[Description of the task]
Exactly as written, copy the lines that run from the start of the data below to the line containing "-- The control", both ends included.

[Provided records]

-- ===== src/Http/Status.antt =====
-- The route `controller_status` of aggregator_demo/app.py: any role may call it, and the gateway behind
-- it commands the safe state where the heartbeat is stale.
use depotflux_demo.Prelude.{
  ◌≡◌, refl, ◌⊎◌, inl, inr, Option, none, some, String, Result, ok, err, Option-cases, Result-cases,
}
use depotflux_demo.Floats.{Floats}
use depotflux_demo.Control.{authenticate_control_key}
use depotflux_demo.Gateway.{StatusResponse}
use depotflux_demo.Gateway.HttpClient.{ClientError}
use depotflux_demo.Dispatch.Gate.{SupervisoryGateway}
use depotflux_demo.Http.{
  Answer, answered, refused, Body, status_body, Service, Application, key_accepted,
}
use depotflux_demo.Http.Lists.{dispatch_key_answer}

module _ ⦃F : Floats⦄ {S : Type 0} (app : Application S) where
  -- The `except Exception` at the end of the route.
  abbrev heartbeat_lost : Answer Body
  heartbeat_lost = refused 503 "controller_heartbeat_lost"

  unfoldable pub status_answer : Result ClientError StatusResponse → Answer Body
  status_answer (ok status) = answered 200 (status_body status)
  status_answer (err _) = heartbeat_lost

  unfoldable pub read_controller_status : Option String → Service S → Answer Body × Service S
  read_controller_status control_key s =
      elim (key_accepted app.texts.is_ascii control_key app.control_api_key) [
        | none ↦ (heartbeat_lost, s)
        | some _ ↦ elim (authenticate_control_key control_key app.control_api_key) [
          | err _ ↦ (dispatch_key_answer app.control_api_key, s)
          | ok _ ↦ elim app.control_gateway [
            | none ↦ (heartbeat_lost, s)
            | some gateway ↦
                let r = gateway.controller_status s.site in
                (status_answer r.0, record s { site = r.1 })
          ]
        ]
      ]

  -- The control key is the configured one, and the gateway has read the status: its state is what
  -- this has left, and nothing else has changed.
  pub record StatusRead (control_key : Option String) (s s' : Service S) : Type 0 where
    pub has_key : authenticate_control_key control_key app.control_api_key ≡ ok tt
    pub gateway : SupervisoryGateway S
    pub is_gateway : app.control_gateway ≡ some gateway
    pub left : s' ≡ record s { site = (gateway.controller_status s.site).1 }

  pub read_controller_status-StatusRead :
      (control_key : Option String) (s : Service S)
      → ((read_controller_status control_key s).1 ≡ s)
        ⊎ StatusRead control_key s (read_controller_status control_key s).1
  unfolding read_controller_status
  read_controller_status-StatusRead control_key s =
      elim (Option-cases (key_accepted app.texts.is_ascii control_key app.control_api_key)) [
        | inl e ↦ inl (rw (read_controller_status, e) refl)
        | inr (_, e) ↦
            elim (Result-cases (authenticate_control_key control_key app.control_api_key)) [
              | inr (_, e') ↦ inl (rw (read_controller_status, e, e') refl)
              | inl (tt, e') ↦ elim (Option-cases app.control_gateway) [
                | inl e'' ↦ inl (rw (read_controller_status, e, e', e'') refl)
                | inr (gateway, e'') ↦ inr (record {
                  has_key = e';
                  gateway = gateway;
                  is_gateway = e'';
                  left = rw (read_controller_status, e, e', e'') refl;
                })
              ]
            ]
      ]
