-- ===== src/Runs/Listing.antt =====
-- `list` of aggregator_demo/run_repository.py. The responses are projections of the rows.
use depotflux_demo.Prelude.{
  ℕ, zero, suc, ◌+◌, ◌≡◌, refl, ap, List, [], ◌∷◌, ◌++◌, take, drop, if◌then◌else◌, arith,
}
use depotflux_demo.Runs.Row.{RunRow, Runs}
use depotflux_demo.Runs.Claim.{is_before}

module _ {A : Type 0} where
  unfoldable pub insert_newest : RunRow A → Runs A → Runs A
  insert_newest row [] = row ∷ []
  insert_newest row (other ∷ rows) =
      let rest = insert_newest row rows in
      if is_before row other then other ∷ rest else row ∷ other ∷ rows

  -- `order_by(created_at.desc(), id.desc())`
  unfoldable pub newest_first : Runs A → Runs A
  newest_first [] = []
  newest_first (row ∷ rows) = insert_newest row (newest_first rows)

  unfoldable pub list_runs : ℕ → ℕ → Runs A → List (RunRow A)
  list_runs limit offset db = take limit (drop offset (newest_first db))

suc_sum : (a b : ℕ) → suc a + b ≡ suc (a + b)
suc_sum a b = omega arith

take_nil : {A : Type 0} (n : ℕ) → take {A = A} n [] ≡ []
take_nil zero = refl
take_nil (suc n) = refl

drop_nil : {A : Type 0} (n : ℕ) → drop {A = A} n [] ≡ []
drop_nil zero = refl
drop_nil (suc n) = refl

take_sum : {A : Type 0} (a b : ℕ) (xs : List A) → take (a + b) xs ≡ take a xs ++ take b (drop a xs)
take_sum zero b xs = ground arith
take_sum (suc a) b [] = rw (take_nil (suc a + b)) (rw (take_nil b) refl)
take_sum (suc a) b (x ∷ xs) = rw (suc_sum a b) (ap (λ ys. x ∷ ys) (take_sum a b xs))

drop_sum : {A : Type 0} (o a : ℕ) (xs : List A) → drop (o + a) xs ≡ drop a (drop o xs)
drop_sum zero a xs = ground arith
drop_sum (suc o) a [] = rw (drop_nil (suc o + a)) (rw (drop_nil a) refl)
drop_sum (suc o) a (x ∷ xs) = rw (suc_sum o a) (drop_sum o a xs)

-- Two pages of the list of runs that follow each other are together the one page of their joint
-- length.
pub list_runs-pages :
    {A : Type 0} (first second offset : ℕ) (db : Runs A)
    → list_runs (first + second) offset db
      ≡ list_runs first offset db ++ list_runs second (offset + first) db
unfolding list_runs
list_runs-pages first second offset db =
    rw (drop_sum offset first (newest_first db))
      (take_sum first second (drop offset (newest_first db)))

[/Provided records]

[Expected output]
-- ===== src/Http/Status.antt =====
-- The route `controller_status` of aggregator_demo/app.py: any role may call it, and the gateway behind
-- it commands the safe state where the heartbeat is stale.
use depotflux_demo.Prelude.{
  ◌≡◌, refl, ◌⊎◌, inl, inr, Option, none, some, String, Result, ok, err, Option-cases, Result-cases,
}
use depotflux_demo.Floats.{Floats}
use depotflux_demo.Control.{authenticate_control_key}
use depotflux_demo.Gateway.{StatusResponse}
use depotflux_demo.Gateway.HttpClient.{ClientError}
use depotflux_demo.Dispatch.Gate.{SupervisoryGateway}
use depotflux_demo.Http.{
  Answer, answered, refused, Body, status_body, Service, Application, key_accepted,
}
use depotflux_demo.Http.Lists.{dispatch_key_answer}

module _ ⦃F : Floats⦄ {S : Type 0} (app : Application S) where
  -- The `except Exception` at the end of the route.
  abbrev heartbeat_lost : Answer Body
  heartbeat_lost = refused 503 "controller_heartbeat_lost"

  unfoldable pub status_answer : Result ClientError StatusResponse → Answer Body
  status_answer (ok status) = answered 200 (status_body status)
  status_answer (err _) = heartbeat_lost

  unfoldable pub read_controller_status : Option String → Service S → Answer Body × Service S
  read_controller_status control_key s =
      elim (key_accepted app.texts.is_ascii control_key app.control_api_key) [
        | none ↦ (heartbeat_lost, s)
        | some _ ↦ elim (authenticate_control_key control_key app.control_api_key) [
          | err _ ↦ (dispatch_key_answer app.control_api_key, s)
          | ok _ ↦ elim app.control_gateway [
            | none ↦ (heartbeat_lost, s)
            | some gateway ↦
                let r = gateway.controller_status s.site in
                (status_answer r.0, record s { site = r.1 })
          ]
        ]
      ]

  -- The control key is the configured one, and the gateway has read the status: its state is what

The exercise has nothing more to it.